Technical information
- Licensing authority: FCC
- Facility ID: 40636
- Class: C
- ERP: 100,000 watts
- HAAT: 454 meters (1490 feet)
- Repeater: 101.9 KFMH-FM1 (Rapid City)

Links
- Public license information: Public file; LMS;
- Webcast: Listen Live
- Website: kool1019fm.com

= KFMH =

KFMH (101.9 FM, "Kool 101.9") is a radio station licensed to serve Belle Fourche, South Dakota. The station serves Rapid City, South Dakota, with an on-channel broadcast booster licensed as KFMH-FM1. The station is owned by Mid-Century Radio. KFMH broadcasts a classic hits music format.

==History==
This station received its original construction permit for a new FM station broadcasting with 25,000 watts of effective radiated power at 102.1 MHz from the Federal Communications Commission on March 28, 2000—nearly six years after the application had been first filed. The new station was assigned the call letters KFMH by the FCC on May 7, 2002. KFMH received its license to cover from the FCC on September 10, 2003.

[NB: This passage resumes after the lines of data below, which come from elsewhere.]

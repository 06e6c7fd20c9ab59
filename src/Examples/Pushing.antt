-- ===== src/Examples/Pushing.antt =====
-- A push of one sensor, in three chunks, and a hook that fires twice.
use donut_server.Prelude.{
  ℕ, ◌≡◌, refl, true, false, not, ◌&&◌, none, some, Option, List, [], ◌∷◌, lookup, arith, nat_eq,
  length, take, put, Distinct, inl, keys, replicate,
}
use donut_server.Bytes.{Bytes, Name, list_eqb, slice, of_bytes, big_endian}
use donut_server.Exec.{raise}
use donut_server.Protocol as Wire
use donut_server.Protocol.{
  HeaderInfo, PartLayout, header_size, pack_uint, pack_header, parse_header, pack_descriptor,
  pack_descriptors, pack_blob, parse_entries, place_entries, parse_layout,
}
use donut_server.Protocol.Parts.{part_name, parts_for}
use donut_server.Serve.{decode_all, reconstruct_exposures}
use donut_server.Flights.{JobState, prepared, computing}
use donut_server.PlotQueue.{init}
use donut_server.Endpoints.{
  Answer, Job, answered, prepare_replied, set_job, with_state, startable, finish, Exposure, Flags,
  Front, push, submitted_as, among, skip_imgtypes,
}
use donut_server.Endpoints.Receive.{received, receive}
use donut_server.Endpoints.Chunks.{join}
use donut_server.Endpoints.Pixels.{receive-reconstruct_exposures}
use donut_server.Endpoints.Outcomes.{Settled, push-Settled}
use donut_server.Endpoints.Interleaved.{
  Handlers, idle, with_front, end_submit_prepare, Reach, first, next, submits, starts, sends,
  finishes,
}
use donut_server.Endpoints.Kept.{IsKept}
use donut_server.Endpoints.Reached.{Reach-IsKept}
use donut_server.Endpoints.Submit.{submit}
use donut_server.Endpoints.Once.{Steps, stay, go, submit-submit}
use donut_server.Examples.Blobs.{plain}
use donut_server.Examples.Prepared.{toy}
use donut_server.Examples.Serving.{toy_science}

abbrev sensors : List (Name × (Bytes × Bytes))
sensors = ((b'a' ∷ []), ((1 ∷ 2 ∷ []), (3 ∷ []))) ∷ []

-- the framing of the blob of the sensor's parts, in two pieces
abbrev head : Bytes
head = 68 ∷ 87 ∷ 70 ∷ 83 ∷ 0 ∷ 2 ∷ 0 ∷ 2 ∷ 0 ∷ 0 ∷ []

abbrev descriptors : Bytes
descriptors =
    0 ∷ 0 ∷ 0 ∷ 0 ∷ 0 ∷ 3 ∷ 5 ∷ 0 ∷ 0 ∷ 0 ∷ 0 ∷ 0 ∷ 0 ∷ 0 ∷ 0 ∷ 0 ∷ 0 ∷ 0 ∷ 0 ∷ 0 ∷ 0 ∷ 0 ∷ 2 ∷ 97
    ∷ 58 ∷ 105 ∷ 109 ∷ 103 ∷ 6 ∷ 0 ∷ 0 ∷ 0 ∷ 0 ∷ 0 ∷ 0 ∷ 0 ∷ 2 ∷ 0 ∷ 0 ∷ 0 ∷ 0 ∷ 0 ∷ 0 ∷ 0 ∷ 1 ∷ 97
    ∷ 58 ∷ 109 ∷ 101 ∷ 116 ∷ 97 ∷ []

abbrev chunks : List Bytes
chunks = head ∷ descriptors ∷ (1 ∷ 2 ∷ 3 ∷ []) ∷ []

-- what the block holds from the push before
abbrev old_block : Bytes
old_block = replicate 80 9

abbrev info : HeaderInfo
info = record { version_found = 2; part_count = 2; payload_length = 3 }

abbrev layout : List PartLayout
layout =
    record { name = b'a' ∷ b':' ∷ b'i' ∷ b'm' ∷ b'g' ∷ []; offset = 61; byte_count = 2 }
    ∷ record { name = b'a' ∷ b':' ∷ b'm' ∷ b'e' ∷ b't' ∷ b'a' ∷ []; offset = 63; byte_count = 1 }
    ∷ []

packed : pack_blob plain (parts_for sensors) ≡ Wire.ok (join chunks)
unfolding pack_blob pack_header pack_uint pack_descriptors pack_descriptor part_name big_endian
packed = refl

header : parse_header (take header_size (join chunks)) ≡ Wire.ok info
unfolding parse_header slice of_bytes list_eqb
header = refl

parsed : parse_layout plain (join chunks) ≡ Wire.ok layout
unfolding parse_layout parse_header parse_entries place_entries slice of_bytes list_eqb
parsed = refl

parts_apart : Distinct (keys (parts_for sensors))
unfolding part_name
parts_apart = ground arith

receive-reconstruct_exposures_example :
    (block : Bytes) × (receive plain old_block chunks ≡ received layout block)
    × (length block ≡ 80)
    × (reconstruct_exposures toy toy_science block layout ≡ decode_all toy toy_science sensors)
receive-reconstruct_exposures_example =
    receive-reconstruct_exposures toy toy_science plain sensors old_block chunks info layout
      (ground arith) parts_apart packed (omega arith) header (omega arith) parsed

abbrev front : Front ℕ ℕ
front = record {
  jobs =
      (
        3,
        record {
          base = record { state = prepared; error_text = none };
          prepared_key = some 1;
          table_parquet = none;
          result = none;
        },
      )
      ∷ [];
  submitted = [];
  plots = init 1;
}

abbrev finished : Answer (ℕ × Option Bytes)
finished = answered (5, some (7 ∷ []))

push-Settled_example :
    Settled ℕ ℕ 3 front
      (push ℕ ℕ plain 3 none old_block chunks finished front).0
      (push ℕ ℕ plain 3 none old_block chunks finished front).1
push-Settled_example = push-Settled ℕ ℕ plain 3 none old_block chunks finished front

abbrev upper : Name → Name
upper name = name

abbrev found : Exposure
found = record { visit = some 12; imgtype = b'A' ∷ b'C' ∷ b'Q' ∷ [] }

abbrev flags : Flags
flags = record { any_imgtype = false; resubmit = false; dry_run = false }

-- a job that is prepared, started, sent and finished
abbrev job_of : JobState → Option ℕ → Option Bytes → Job ℕ ℕ
job_of state result table = record {
  base = record { state = state; error_text = none };
  prepared_key = some 1;
  table_parquet = table;
  result = result;
}

abbrev start : Handlers ℕ ℕ
start = idle ℕ ℕ (init 1)

abbrev after_prepare : Handlers ℕ ℕ
after_prepare = end_submit_prepare ℕ ℕ (some 12) 3 (answered (some 1)) start

abbrev after_start : Handlers ℕ ℕ
after_start = record after_prepare { started = 3 ∷ [] }

abbrev after_send : Handlers ℕ ℕ
after_send =
    with_front ℕ ℕ
      (set_job ℕ ℕ 3 (with_state ℕ ℕ computing (job_of prepared none none)) after_start.front)
      after_start

abbrev after_finish : Handlers ℕ ℕ
after_finish =
    with_front ℕ ℕ (finish ℕ ℕ 3 (job_of computing none none) finished after_send.front).1
      after_send

reached : Reach ℕ ℕ (init 1) after_finish
unfolding prepare_replied set_job startable lookup put
reached =
    next
      (next
        (next (next first (submits (some 12) 3 (answered (some 1)) refl))
          (starts 3 none (job_of prepared none none) refl))
        (sends 3 (job_of prepared none none) (inl refl) refl))
      (finishes 3 (job_of computing none none) finished (inl refl) refl)

Reach-IsKept_example : IsKept ℕ ℕ after_finish
Reach-IsKept_example = Reach-IsKept ℕ ℕ (init 1) after_finish reached

-- the second submit of the visit comes when the first one's job is done
since_prepare : Steps ℕ ℕ after_prepare after_finish
unfolding prepare_replied set_job startable lookup put
since_prepare =
    go
      (go (go stay (starts 3 none (job_of prepared none none) refl))
        (sends 3 (job_of prepared none none) (inl refl) refl))
      (finishes 3 (job_of computing none none) finished (inl refl) refl)

not_skipped : (not (flags.any_imgtype) && among (upper found.imgtype) skip_imgtypes) ≡ false
unfolding among list_eqb
not_skipped = refl

submit-submit_example :
    (job : ℕ) × (lookup 12 after_finish.front.submitted ≡ some job)
    × (submit ℕ ℕ upper 6 none true flags
          (answered found)
          (answered none)
          finished
          (after_finish.front)
        ≡ (raise (submitted_as job), after_finish.front))
submit-submit_example =
    submit-submit ℕ ℕ upper start after_finish 3 6 12 none flags found (some 1) (answered none)
      finished since_prepare refl refl refl refl not_skipped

In April 2004, MAS Communications, Inc. (Mark A. Swendsen, president) agreed to sell this station to Laramie Mountain Broadcasting, LLC (Victor A. Michael, president) for a reported sale price of $250,000. The deal was approved by the FCC on June 4, 2004, and the transaction was consummated on June 25, 2004.

B102 logo

The station previously operated under the branding "B102" with a similar oldies music format.

In July 2004, the station received a new construction permit to change broadcast frequencies from 102.1 MHz to the current 101.9 MHz.

In June 2005, Laramie Mountain Broadcasting, LLC, had reached an agreement to sell this station to Bad Lands Broadcasting Company, Inc., for a reported sale price of $915,000. The deal was approved by the FCC on September 6, 2005.

However, the sale of KFMH was contingent upon Bad Lands Broadcasting Company acquiring KRKI from Michaels Radio Group and ongoing technical issues have forced Laramie Mountain Broadcasting to file for a series of 90-day "extension of consummation" approvals with the FCC. The latest such filing was made on December 21, 2009, and as such the sale was still pending at that point. As part of this filing, Laramie Mountain Broadcasting and Bad Lands Broadcasting Company state that they have "resolved the interference issues that were delaying closing" and that both companies are "currently finalizing resolution of other outstanding issues".

The sale to Bad Lands Broadcasting was eventually consummated on May 17, 2013; the transaction involved Laramie Mountain Broadcasting acquiring KKAW and KREO from Bad Lands Broadcasting, in exchange for Bad Lands receiving KFMH and $100,000 from Laramie.

==Booster==

| Call sign | Frequency | City of license | FID | ERP (W) | Class | FCC info |
|---|---|---|---|---|---|---|
| KFMH-FM1 | 101.9 FM | Rapid City, South Dakota | 164913 | 1,000 | D | LMS |

==Previous logo==
 (KFMH's logo under previous "Oldies 101.9" branding)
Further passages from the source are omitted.